No dia 9 de junho de 2025, um barco chamado Madleen foi interceptado em águas internacionais rumo à Faixa de Gaza. A bordo, defensores e defensoras de direitos humanos e do clima desafiaram, com coragem, o bloqueio imposto por Israel, levando alimentos e remédios para uma população que está literalmente morrendo de fome. Entre eles estavam Greta Thunberg, símbolo global da juventude climática, e o brasileiro Thiago Ávila, ativista de direitos humanos e das causas do clima. No barco da Flotilha da Liberdade estavam outros dez representantes de diferentes países, incluindo o ator Liam Cunningham, de Game of Thrones e a eurodeputada Rima Hassan.
Desde então, os acontecimentos se acumulam em gravidade e urgência, contrastando com a apatia de grande parte da cobertura midiática. Os ativistas foram interceptados e retirados do barco por militares de Israel em águas internacionais, a 200 km da costa. Greta foi liberada após detenção. O governo brasileiro, por meio do Itamaraty, solicitou explicações formais a Israel sobre a detenção do ativista brasileiro, que acabou sendo deportado, devendo chegar ao país amanhã, 13 de junho.

O barco Madleen, interceptado em águas internacionais, nos serve de alerta: não há justiça climática sem justiça internacional
O que os ativistas tentaram fazer, entrando em Gaza, não foi apenas um gesto humanitário. Foi também um ato político profundo, que expõe as fragilidades e a urgência do sistema internacional de deliberação multilateral. O mesmo sistema que organiza os acordos climáticos, como o Acordo de Paris e a Conferência das Partes da ONU (COP), é o que está falhando em garantir um cessar-fogo em Gaza.
A guerra em Gaza – ou melhor, o massacre do povo palestino – já foi alvo de diversas resoluções da Assembleia Geral da ONU. Em junho de 2025, uma resolução no Conselho de Segurança pelo cessar-fogo imediato e incondicional foi aprovada por 14 países, mas vetada pelos Estados Unidos, o único voto contrário.

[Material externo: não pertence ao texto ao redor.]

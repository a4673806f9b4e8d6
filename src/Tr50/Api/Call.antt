-- ===== src/Tr50/Api/Call.antt =====
-- The calls of tr50.api.async.c: a message gets its identifier, waits in the list of requests, and is
-- published. Each call runs as one step under the client's mutex, but the thread that looks for
-- requests whose time is over may run while a message is published: `meanwhile` is the time of such
-- a sweep, if there is one.
use libtr.Base.{
  ℕ, suc, List, [], ◌∷◌, ◌++◌, Option, none, some, true, false, ◌&&◌, leb, length, if◌then◌else◌,
}
use libtr.Base.Int.{ℤ, pos, is_zero}
use libtr.Error.{
  Res, ok, err, fault, stuck, ◌>>=◌, err_tr50_async_client_not_connected, err_tr50_req_timeout,
}
use libtr.Memory.{Malloc}
use libtr.Mqtt.Net.{Net}
use libtr.Mqtt.Async.{publish}
use libtr.Tr50.Api.{Topic, api, apiz, msg_id_next, build_payload, min_compression_len}
use libtr.Tr50.Client.{Client, Handle, no_client, running, dangling, not_ready}
use libtr.Tr50.Client.Decimal.{print_decimal}
use libtr.Tr50.Client.Handlers.{callback_of, watch, reply_to}
use libtr.Tr50.Pending.{
  Message, MessageType, obj, raw, Store, write, modify, add, find_and_remove, sweep, forget,
  deleted,
}
use libtr.Tr50.Stats.{pub_sent_up, set_compress_ratio}

abbrev pub topic_bytes : Topic → List ℕ
topic_bytes api = 97 ∷ 112 ∷ 105 ∷ []
topic_bytes apiz = 97 ∷ 112 ∷ 105 ∷ 122 ∷ []

-- `snprintf(topic_with_seq, 63, "%s/%d", topic, seq_id)`, which is never cut.
unfoldable pub topic_with_seq : Topic → ℕ → List ℕ
topic_with_seq topic seq_id = topic_bytes topic ++ (47 ∷ print_decimal seq_id)

-- The callbacks of the requests whose time is over, in order.
unfoldable pub time_out : Client → Store → List ℕ → Client
time_out client store [] = client
time_out client store (a ∷ gone) = elim (store a) [
  | none ↦ time_out client store gone
  | some m ↦
      time_out (reply_to client (callback_of m) err_tr50_req_timeout none m.callback_custom) store
        gone
]

-- A sweep of `_tr50_pending_expiration_handler` at a time, if there is one. A message whose time is
-- over is taken out, its callback is called, and it is counted and deleted.
unfoldable pub sweep_at : Option ℕ → Client → Res Client
unfolding sweep time_out
sweep_at none client = ok client
sweep_at (some now) client = do
  (pending, gone) ← sweep (suc client.pending.count) now client.pending client.pending.list_head
  ok (record (time_out client pending.store gone) { pending = deleted pending gone })

-- The identifier that a message gets, and what the call asks for.
abbrev pub asks : ℕ → MessageType → Option ℕ → Option ℕ → ℕ → ℕ → Message → Message
asks seq_id type reply_callback raw_callback custom timeout m = record m {
  seq_id = seq_id;
  message_type = type;
  reply_callback = reply_callback;
  raw_callback = raw_callback;
  callback_custom = custom;
  callback_timeout = timeout;
}

-- `tr50_message_create`.
abbrev pub new_message : Message
new_message = record {
  message_type = obj;
  seq_id = 0;
  pending_sent_timestamp = 0;
  pending_expiration_timestamp = 0;
  pending_previous = none;
  pending_next = none;
  callback_timeout = 0;
  callback_custom = 0;
  raw_callback = none;
  reply_callback = none;
}

-- What `_tr50_build_payload` notes down: the watcher sees the text, and the sizes are kept where it
-- was compressed.
unfoldable pub noted : Client → Res (List ℕ) → Topic → List ℕ → Client
unfolding set_compress_ratio
noted client (ok text) topic payload =
    let seen = watch client text false in
    elim topic [
      | api ↦ seen
      | apiz ↦ record seen { stats = set_compress_ratio seen.stats (length text) (length payload) }
    ]
noted client _ topic payload = client

module _ {W : Type 0} (net : Net W) (malloc : Malloc) where
  -- `mqtt_async_publish(client->mqtt, ..)`, which refuses NULL.
  unfoldable pub publish_on : Handle → List ℕ → List ℕ → ℕ → W → Res (ℤ × Handle × W)
  publish_on no_client topic payload thread w =
      ok (err_tr50_async_client_not_connected, no_client, w)
  publish_on dangling topic payload thread w = fault
  publish_on (running mqtt) topic payload thread w = do
    (ret, mqtt, w) ← publish net malloc mqtt topic payload false thread w
    ok (ret, running mqtt, w)

  -- The publication of a message that waits, and the sweep meanwhile, whatever the publication returns.
  -- Where it fails, the message is taken out of the list again, whose address is the third part; if
  -- it is not there any more, its time was over, and the call has succeeded.
  unfoldable pub publish_waiting :
      Client → ℕ → List ℕ → List ℕ → Option ℕ → ℕ → W → Res (ℤ × Client × Option ℕ × W)
  unfolding publish_on sweep_at find_and_remove
  publish_waiting client seq_id topic payload meanwhile thread w = do
    (ret, mqtt, w) ← publish_on client.mqtt topic payload thread w
    swept ← sweep_at meanwhile (record client { mqtt = mqtt })
    elim (is_zero ret) [
      | true ↦ ok (ret, swept, none, w)
      | false ↦ do
        (found, pending) ← find_and_remove (suc swept.pending.count) swept.pending seq_id
        ok (ret, record swept { pending = pending }, found, w)
    ]

  -- The ends of `tr50_api_call_async`.
  unfoldable pub call_sent : ℕ → ℤ × Client × Option ℕ × W → ℤ × Client × W
  unfolding pub_sent_up
  call_sent payload_len (ret, sent, found, w) =
      if is_zero ret
      then (pos 0, record sent { stats = pub_sent_up sent.stats payload_len }, w)
      else elim found [ some returned ↦ (ret, sent, w) | none ↦ (pos 0, sent, w) ]

  -- `tr50_api_call_async`. The message stands in the store at `message`; where the call does not
  -- return 0, it still belongs to the caller.
  unfoldable pub call_async :
      Client
      → ℕ
      → Option ℕ
      → ℕ
      → ℕ
      → Res (List ℕ)
      → (List ℕ → Res (List ℕ))
      → ℕ
      → Option ℕ
      → ℕ
      → W
      → Res (ℤ × Client × W)
  unfolding not_ready msg_id_next modify build_payload noted add publish_waiting call_sent
      topic_with_seq
  call_async client message callback custom timeout to_string deflate now meanwhile thread w =
      elim (is_zero (not_ready client)) [
        | false ↦ ok (not_ready client, client, w)
        | true ↦ do
          let seq_id = msg_id_next client.seq_id
          store ← modify client.pending.store message (asks seq_id obj callback none custom timeout)
          let asked = record client {
            seq_id = seq_id;
            pending = record client.pending { store = store };
          }
          elim (build_payload to_string deflate client.compress) [
            | fault ↦ fault
            | stuck ↦ stuck
            | err ret ↦ ok (ret, asked, w)
            | ok (ret, topic, payload) ↦
                let built = noted asked to_string topic payload in
                elim (is_zero ret) [
                  | false ↦ ok (ret, built, w)
                  | true ↦ do
                    pending ← add built.pending message now
                    let waits = record built { pending = pending }
                    result ←
                        publish_waiting waits seq_id (topic_with_seq topic seq_id) payload meanwhile
                          thread w
                    ok (call_sent (length payload) result)
                ]
          ]
      ]

  -- `tr50_api_call`.
  unfoldable pub call :
      Client
      → ℕ
      → Res (List ℕ)
      → (List ℕ → Res (List ℕ))
      → ℕ
      → Option ℕ
      → ℕ
      → W
      → Res (ℤ × Client × W)
  unfolding call_async
  call client message to_string deflate now meanwhile thread w =
      call_async client message none 0 30000 to_string deflate now meanwhile thread w

  -- The ends of `tr50_api_raw_async`: the message that waits, or that was found, is deleted where the
  -- code is not 0.
  unfoldable pub raw_sent : ℕ → ℤ × Client × Option ℕ × W → ℤ × Client × W
  unfolding pub_sent_up
  raw_sent request_len (ret, sent, found, w) =
      let counted = record sent { stats = pub_sent_up sent.stats request_len } in
      if is_zero ret then (pos 0, counted, w) else elim found [
        | none ↦ (pos 0, counted, w)
        | some message ↦ (ret, record sent { pending = forget sent.pending message }, w)
      ]

  -- `tr50_api_raw_async`, which makes its message at the address `fresh`; the pointer is NULL where
  -- `malloc` failed, and written through. A failed compression deletes the message that was added
  -- to the list.
  unfoldable pub raw_async :
      Client
      → Option ℕ
      → List ℕ
      → Option ℕ
      → ℕ
      → ℕ
      → (List ℕ → Res (List ℕ))
      → ℕ
      → Option ℕ
      → ℕ
      → W
      → Res (ℤ × Client × W)
  unfolding not_ready msg_id_next add set_compress_ratio publish_waiting raw_sent topic_with_seq
  raw_async client fresh request callback custom timeout deflate now meanwhile thread w =
      elim (is_zero (not_ready client)) [
        | false ↦ ok (not_ready client, client, w)
        | true ↦ elim fresh [
          | none ↦ fault
          | some message ↦ do
            let seq_id = msg_id_next client.seq_id
            let made = asks seq_id raw none callback custom timeout new_message
            pending ←
                add (record client.pending { store = write client.pending.store message made })
                  message now
            let waits = watch (record client { seq_id = seq_id; pending = pending }) request false
            elim (client.compress && leb min_compression_len (length request)) [
              | false ↦ do
                result ←
                    publish_waiting waits seq_id (topic_with_seq api seq_id) request meanwhile
                      thread w
                ok (raw_sent (length request) result)
              | true ↦ elim (deflate request) [
                | fault ↦ fault
                | stuck ↦ stuck
                | err ret ↦ ok (ret, record waits { pending = forget waits.pending message }, w)
                | ok out ↦ do
                  let noted_down = record waits {
                    stats = set_compress_ratio waits.stats (length request) (length out);
                  }
                  result ←
                      publish_waiting noted_down seq_id (topic_with_seq apiz seq_id) out meanwhile
                        thread w
                  ok (raw_sent (length request) result)
              ]
            ]
        ]
      ]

Essa é a mesma ONU, com a mesma estrutura institucional, que se reúne anualmente para negociar os termos do combate à crise climática. Se não somos capazes, enquanto comunidade internacional, de cessar uma guerra localizada que, segundo a Unicef, já matou ou feriu mais de 50 mil crianças, como esperamos alcançar consensos eficazes para enfrentar o colapso climático global?
A efetividade da COP30 está em jogo. O evento precisa ir além dos discursos e promessas: deve representar o renascimento da confiança nos acordos internacionais. E essa confiança depende diretamente da capacidade do sistema multilateral de proteger vidas e assegurar justiça – climática e humanitária.
O barco Madleen, com Greta, Thiago e outros ativistas interceptados em águas internacionais, nos serve de alerta. A ação nos diz que não há justiça climática possível sem justiça internacional. Intervir para parar o massacre de Gaza hoje é também salvar a possibilidade de acordos futuros. Romper o bloqueio à ajuda humanitária é também romper com a apatia que ameaça paralisar o mundo diante das múltiplas crises.
Não há fronteira possível entre o direito de existir de uma criança palestina e o de uma criança ribeirinha que verá sua comunidade desaparecer diante da crise climática. Tudo está interligado. O sistema que permite a continuidade de guerras e genocídios é o mesmo que permite a continuidade da exploração predatória dos recursos naturais, da destruição das florestas, do racismo ambiental e das desigualdades, incluindo a climática.
Greta e Thiago não estavam apenas tentando levar suprimentos. Eles estão expondo suas vidas para salvar a dignidade dos tratados internacionais. Estão nos lembrando que a política exige coragem, e que a juventude, como sempre, está na linha de frente da construção de outro futuro.
Salvar Gaza é reafirmar que o mundo ainda pode, sim, tomar decisões coletivas em nome da vida. O barco Madleen foi muito mais do que um gesto humanitário. É um manifesto global por paz e justiça climática.